Dulwich Hamlet began playing at the ground in 1912. 'The Hill' was formerly one of the largest amateur grounds in England, with attendances often reaching 20,000 and beyond. Currently, it holds the record for the highest attendance at a league match outside of the English Football League at 16,254 for a 1931 Isthmian League match between Dulwich Hamlet and Nunhead. The ground was also used for football at the 1948 Summer Olympics, staging a game between Mexico and South Korea.

When Dulwich Hamlet suffered financial problems, much of the land they owned was sold for development of a Sainsbury's supermarket. As a result, a new stadium was built on the site of the old Champion Hill stadium, and the Sainsbury's supermarket was built on what had been the training pitch before the 1980s. The new stadium was opened in 1992.

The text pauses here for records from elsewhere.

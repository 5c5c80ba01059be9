-- ===== src/Result.antt =====
-- Rust's `Result`, which the user's serialization returns.
pub data Result (E A : Type 0) : Type 0 where
  ok : A → Result E A
  err : E → Result E A
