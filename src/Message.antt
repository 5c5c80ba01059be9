-- ===== src/Message.antt =====
-- The trait `NetworkMessage` (src/message.rs), which the user of the library implements, and the
-- writer that measures a message (src/channel/channel_packet_data.rs).
use yojimbo_rs.Prelude.{ℕ, ◌+◌, ◌*◌, Option, none, List, length}
use yojimbo_rs.Result.{Result}
use yojimbo_rs.Run.{Run, ok, panic, unwrap_error, ◌>>=◌}

-- `Result::unwrap` and `Result::expect`.
abbrev pub unwrap : {E A : Type 0} → Result E A → Run A
unwrap (Result.ok a) = Run.ok a
unwrap (Result.err e) = panic unwrap_error

pub record NetworkMessage (M : Type 0) : Type 1 where
  pub Error : Type 0
  -- The bytes that a message writes, to a writer with room for so many bytes (`none`: for any).
  pub serialize : M → Option ℕ → Result Error (List ℕ)
  -- The message that the bytes of a reader begin with, and the bytes after it.
  pub deserialize : List ℕ → Result Error (M × List ℕ)

-- `MeasureSink`: it takes all bytes and counts them.
pub record MeasureSink : Type 0 where
  pub bytes : ℕ

abbrev pub new : MeasureSink
new = record { bytes = 0 }

unfoldable pub write : MeasureSink → List ℕ → MeasureSink
write s buf = record { bytes = s.bytes + length buf }

-- `message.serialize(&mut sink).unwrap()` and `8 * sink.bytes`.
unfoldable pub measured_bits : {M : Type 0} ⦃m : NetworkMessage M⦄ → M → Run ℕ
unfolding write
measured_bits ⦃m⦄ message = do
  buf ← unwrap (m.serialize message none)
  ok (8 * (write new buf).bytes)
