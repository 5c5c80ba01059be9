-- ===== src/Int.antt =====
-- The i32 values that the C libraries give (their states, counts and results).
use yojimbo_rs.Prelude.{ℕ, Bool, true, false, ltb, ◌==◌}

-- `negsuc n` is `-(n + 1)`.
pub data ℤ : Type 0 where
  pos negsuc : ℕ → ℤ

-- `a < 0`
abbrev pub is_negative : ℤ → Bool
is_negative (pos n) = false
is_negative (negsuc n) = true

-- `a < b` and `a == b`
abbrev pub lt : ℤ → ℤ → Bool
lt (pos a) (pos b) = ltb a b
lt (pos a) (negsuc b) = false
lt (negsuc a) (pos b) = true
lt (negsuc a) (negsuc b) = ltb b a

abbrev pub eq : ℤ → ℤ → Bool
eq (pos a) (pos b) = a == b
eq (pos a) (negsuc b) = false
eq (negsuc a) (pos b) = false
eq (negsuc a) (negsuc b) = a == b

The ground was also used by Corinthian-Casuals from 1963 until 1968, Fisher Athletic from 2004 until they folded in 2009, and then by the new Fisher club between their formation in 2009 and 2016 when they moved to their own ground on Salter Road.

It was listed by Southwark London Borough Council as an asset of community value in 2013. The club's record attendance at the new ground of 3,336 was set at an FA Cup First Round game against Carlisle United on 8 November 2019.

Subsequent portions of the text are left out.